What needs to be done
Between the line containing "packet 2 (mac_of" and the line containing "packet_parsed state cache" lies a run of lines; give that run again exactly, with both of those lines, and nothing else from the entries below.
○ ○ ○ ○ ○
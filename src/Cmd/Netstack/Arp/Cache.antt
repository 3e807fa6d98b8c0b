-- ===== src/Cmd/Netstack/Arp/Cache.antt =====
-- The ARP cache after `arpcache_put`.
use camellia.Base.{
  ℕ, zero, suc, ◌≡◌, ◌≢◌, refl, List, [], ◌∷◌, true, false, Option, none, some, take, arith,
}
use camellia.Cmd.Netstack.Arp.{Arpc, same_bytes, find_mac, put_after, arpcache_put, arpcache_get}

get-put_after :
    (found : Option Arpc) (cache : List Arpc) (ip : ℕ) (mac : List ℕ)
    → ((e : Arpc) → found ≡ some e → e.ip ≢ ip)
    → arpcache_get ip (put_after found cache ip mac) ≡ some (take 6 mac)
unfolding arpcache_get put_after
get-put_after none cache ip mac h = ground arith
get-put_after (some e) cache ip mac h = ground (arith, h e refl)

-- The MAC of a sender that the cache does not hold, or holds first with another address, is found under
-- its address after `arpcache_put`.
pub arpcache_get-put :
    (cache : List Arpc) (ip : ℕ) (mac : List ℕ)
    → ((e : Arpc) → find_mac mac cache ≡ some e → e.ip ≢ ip)
    → arpcache_get ip (arpcache_put cache ip mac) ≡ some (take 6 mac)
unfolding arpcache_put
arpcache_get-put cache ip mac h = get-put_after (find_mac mac cache) cache ip mac h

same_bytes-nil : (n : ℕ) → same_bytes n [] [] ≡ true
unfolding same_bytes
same_bytes-nil zero = refl
same_bytes-nil (suc n) = same_bytes-nil n

same_bytes-take : (n : ℕ) (x : List ℕ) → same_bytes n (take n x) x ≡ true
unfolding same_bytes
same_bytes-take zero x = refl
same_bytes-take (suc n) [] = same_bytes-nil n
same_bytes-take (suc n) (a ∷ x) = ground (arith, same_bytes-take n x)

-- An address that moves to another MAC and back is not found under the first one again:
-- `arpcache_put` sees the old entry for that MAC and does nothing, while the newer entry stands
-- before it. This holds for every address and every two different MACs.
pub arpcache_put_stale :
    (ip : ℕ) (mac other : List ℕ)
    → same_bytes 6 (take 6 other) mac ≡ false
    → same_bytes 6 (take 6 mac) other ≡ false
    → arpcache_get ip (arpcache_put (arpcache_put (arpcache_put [] ip mac) ip other) ip mac)
      ≡ some (take 6 other)
unfolding arpcache_put find_mac put_after arpcache_get
arpcache_put_stale ip mac other h k = ground (arith, h, k, same_bytes-take 6 mac)
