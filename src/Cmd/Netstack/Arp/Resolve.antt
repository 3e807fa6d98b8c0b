-- ===== src/Cmd/Netstack/Arp/Resolve.antt =====
-- A request, its reply, and what the two hosts then know.
use camellia.Base.{
  ℕ, ◌^◌, ◌<◌, ◌≡◌, ◌≢◌, refl, sym, ◌∙◌, List, [], ◌∷◌, true, none, some, ◌==◌, if◌then◌else◌, drop,
  arith, ◌++◌, ◌+◌, ◌*◌, ◌/◌, ◌%◌, ◌&&◌,
}
use camellia.Cmd.Netstack.Arp.Cache.{arpcache_get-put}
use camellia.Cmd.Netstack.Util.{nput16, nput32, nget16, nget32, write_at}
use camellia.Cmd.Netstack.Arp.{
  NetState, Arpc, find_mac, arpcache_put, arpcache_get, arp_parse, arp_reply, arp_request,
  arp_packet, ether_start, zeros, mac_broadcast, same_bytes,
}

abbrev pub mac_of : (a b c d e f : ℕ) → List ℕ
mac_of a b c d e f = a ∷ b ∷ c ∷ d ∷ e ∷ f ∷ []

abbrev pub host : (a b c d e f ip : ℕ) → NetState
host a b c d e f ip = record { mac = mac_of a b c d e f; ip = ip }

-- a packet in 46 bytes
abbrev packet : (op : ℕ) (mac : List ℕ) (ip : ℕ) (mac' : List ℕ) (ip' : ℕ) → List ℕ
packet op mac ip mac' ip' =
    0 ∷ 1 ∷ 8 ∷ 0 ∷ 6 ∷ 4 ∷ 0 ∷ op ∷ [] ++ mac ++ nput32 ip ++ mac' ++ nput32 ip' ++ zeros 18

nput32-value :
    (n : ℕ)
    → n < 2 ^ 32
    → n / 2 ^ 24 % 256 * 2 ^ 24 + n / 2 ^ 16 % 256 * 2 ^ 16 + n / 256 % 256 * 256 + n % 256 ≡ n
nput32-value n h = omega arith

module _ (a b c d e f : ℕ) where
  -- only six bytes of a MAC are compared
  find_mac-prefix :
      (rest : List ℕ) (cache : List Arpc)
      → find_mac (mac_of a b c d e f ++ rest) cache ≡ find_mac (mac_of a b c d e f) cache
  unfolding find_mac same_bytes
  find_mac-prefix rest [] = refl
  find_mac-prefix rest (e ∷ cache) = rw (find_mac-prefix rest cache) refl

  module _ (a' b' c' d' e' f' : ℕ) where
    request_packet :
        (ip ip' : ℕ)
        → drop 14 (arp_request (host a b c d e f ip) ip')
          ≡ packet 1 (mac_of a b c d e f) ip mac_broadcast ip'
    unfolding arp_request arp_packet ether_start write_at nput16 nput32
    request_packet ip ip' = refl

    reply_packet :
        (op ip ip' ip'' : ℕ)
        → drop 14 (
            arp_reply
              (host a b c d e f ip)
              (packet op (mac_of a' b' c' d' e' f') ip' mac_broadcast ip''))
          ≡ packet 2 (mac_of a b c d e f) ip (mac_of a' b' c' d' e' f') ip'
    unfolding arp_reply arp_packet ether_start write_at nput16 nput32
    reply_packet op ip ip' ip'' = refl

    packet_parsed :
        (state : NetState) (cache : List Arpc) (op ip ip' : ℕ)
        → ip < 2 ^ 32
        → ip' < 2 ^ 32
        → arp_parse state cache (packet op (mac_of a b c d e f) ip (mac_of a' b' c' d' e' f') ip')
          ≡ (
            arpcache_put cache ip
                (drop 8 (packet op (mac_of a b c d e f) ip (mac_of a' b' c' d' e' f') ip')),
            (if op == 1 && ip' == state.ip
                then some (
                    arp_reply state
                      (packet op (mac_of a b c d e f) ip (mac_of a' b' c' d' e' f') ip'))
                else none),
          )
    unfolding arp_parse nput32 nget16 nget32
    packet_parsed state cache op ip ip' h k =
        let e : 0 * 256 + op ≡ op = omega arith in
        rw (nput32-value ip h, nput32-value ip' k, e) refl

-- A host that asks for the address of another gets a reply, and from the reply learns the other's MAC,
-- unless its cache already holds that MAC first under the same address.
pub arp_resolves :
    (a b c d e f a' b' c' d' e' f' ip ip' : ℕ) (cache cache' : List Arpc)
    → ip < 2 ^ 32
    → ip' < 2 ^ 32
    → ((x : Arpc) → find_mac (mac_of a' b' c' d' e' f') cache ≡ some x → x.ip ≢ ip')
    → let asker = host a b c d e f ip in
      let other = host a' b' c' d' e' f' ip' in
      (reply : List ℕ) × ((arp_parse other cache' (drop 14 (arp_request asker ip'))).1 ≡ some reply)
      × (arpcache_get ip' (arp_parse asker cache (drop 14 reply)).0
          ≡ some (mac_of a' b' c' d' e' f'))
arp_resolves a b c d e f a' b' c' d' e' f' ip ip' cache cache' h k fresh =
    (arp_reply other asked, replies, learns)
  where
    asker : NetState
    asker = host a b c d e f ip

    other : NetState
    other = host a' b' c' d' e' f' ip'

    asked : List ℕ
    asked = packet 1 (mac_of a b c d e f) ip mac_broadcast ip'

    replies :
        (arp_parse other cache' (drop 14 (arp_request asker ip'))).1 ≡ some (arp_reply other asked)
    replies =
        let self : (ip' == ip') ≡ true = ground arith in
        rw
          (
            request_packet a b c d e f a' b' c' d' e' f' ip ip',
            packet_parsed a b c d e f 255 255 255 255 255 255 other cache' 1 ip ip' h k,
            self,
          )
          refl

    learns :
        arpcache_get ip' (arp_parse asker cache (drop 14 (arp_reply other asked))).0
        ≡ some (mac_of a' b' c' d' e' f')
    learns =
        rw
          (
            reply_packet a' b' c' d' e' f' a b c d e f 1 ip' ip ip',
            packet_parsed a' b' c' d' e' f' a b c d e f asker cache 2 ip' ip k h,
          )
          (arpcache_get-put cache ip' _
            (λ x found. fresh x (sym (find_mac-prefix a' b' c' d' e' f' _ cache) ∙ found)))
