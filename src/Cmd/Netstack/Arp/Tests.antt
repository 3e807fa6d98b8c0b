-- ===== src/Cmd/Netstack/Arp/Tests.antt =====
-- arp.c at concrete hosts, and the theorems there.
use camellia.Base.{ℕ, ◌≡◌, ◌≢◌, refl, List, [], ◌∷◌, some, drop, arith}
use camellia.Cmd.Netstack.Arp.{
  Arpc, same_bytes, find_mac, arpcache_put, arpcache_get, arp_parse, arp_request,
}
use camellia.Cmd.Netstack.Arp.Cache.{arpcache_get-put, arpcache_put_stale}
use camellia.Cmd.Netstack.Arp.Resolve.{arp_resolves, host, mac_of}

abbrev gateway : Arpc
gateway = record { ip = 167772674; mac = mac_of 82 85 10 0 2 2 }

abbrev guest_mac : List ℕ
guest_mac = mac_of 82 84 0 18 52 86

-- the only entry has another MAC
gateway_only : (e : Arpc) → find_mac guest_mac (gateway ∷ []) ≡ some e → e.ip ≢ 167772687
unfolding find_mac same_bytes
gateway_only e h = absurd (ground arith)

arpcache_get-put_example :
    arpcache_get 167772687 (arpcache_put (gateway ∷ []) 167772687 guest_mac) ≡ some guest_mac
arpcache_get-put_example = arpcache_get-put (gateway ∷ []) 167772687 guest_mac gateway_only

arpcache_put_stale_example :
    arpcache_get 167772674 (
      arpcache_put
        (arpcache_put (arpcache_put [] 167772674 gateway.mac) 167772674 guest_mac)
        167772674
        gateway.mac)
    ≡ some guest_mac
unfolding same_bytes
arpcache_put_stale_example = arpcache_put_stale 167772674 gateway.mac guest_mac refl refl

arp_resolves_example :
    (reply : List ℕ) × ((arp_parse
        (host 82 84 0 18 52 86 167772687)
        []
        (drop 14 (arp_request (host 82 85 10 0 2 2 167772674) 167772687))).1
      ≡ some reply)
    × (arpcache_get 167772687
          (arp_parse (host 82 85 10 0 2 2 167772674) (gateway ∷ []) (drop 14 reply)).0
        ≡ some guest_mac)
arp_resolves_example =
    arp_resolves 82 85 10 0 2 2 82 84 0 18 52 86 167772674 167772687 (gateway ∷ []) [] (omega arith)
      (omega arith) gateway_only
○ ○ ○ ○ ○
Completed task
          ≡ packet 2 (mac_of a b c d e f) ip (mac_of a' b' c' d' e' f') ip'
    unfolding arp_reply arp_packet ether_start write_at nput16 nput32
    reply_packet op ip ip' ip'' = refl

    packet_parsed :
        (state : NetState) (cache : List Arpc) (op ip ip' : ℕ)
        → ip < 2 ^ 32
        → ip' < 2 ^ 32
        → arp_parse state cache (packet op (mac_of a b c d e f) ip (mac_of a' b' c' d' e' f') ip')
          ≡ (
            arpcache_put cache ip
                (drop 8 (packet op (mac_of a b c d e f) ip (mac_of a' b' c' d' e' f') ip')),
            (if op == 1 && ip' == state.ip
                then some (
                    arp_reply state
                      (packet op (mac_of a b c d e f) ip (mac_of a' b' c' d' e' f') ip'))
                else none),
          )
    unfolding arp_parse nput32 nget16 nget32
    packet_parsed state cache op ip ip' h k =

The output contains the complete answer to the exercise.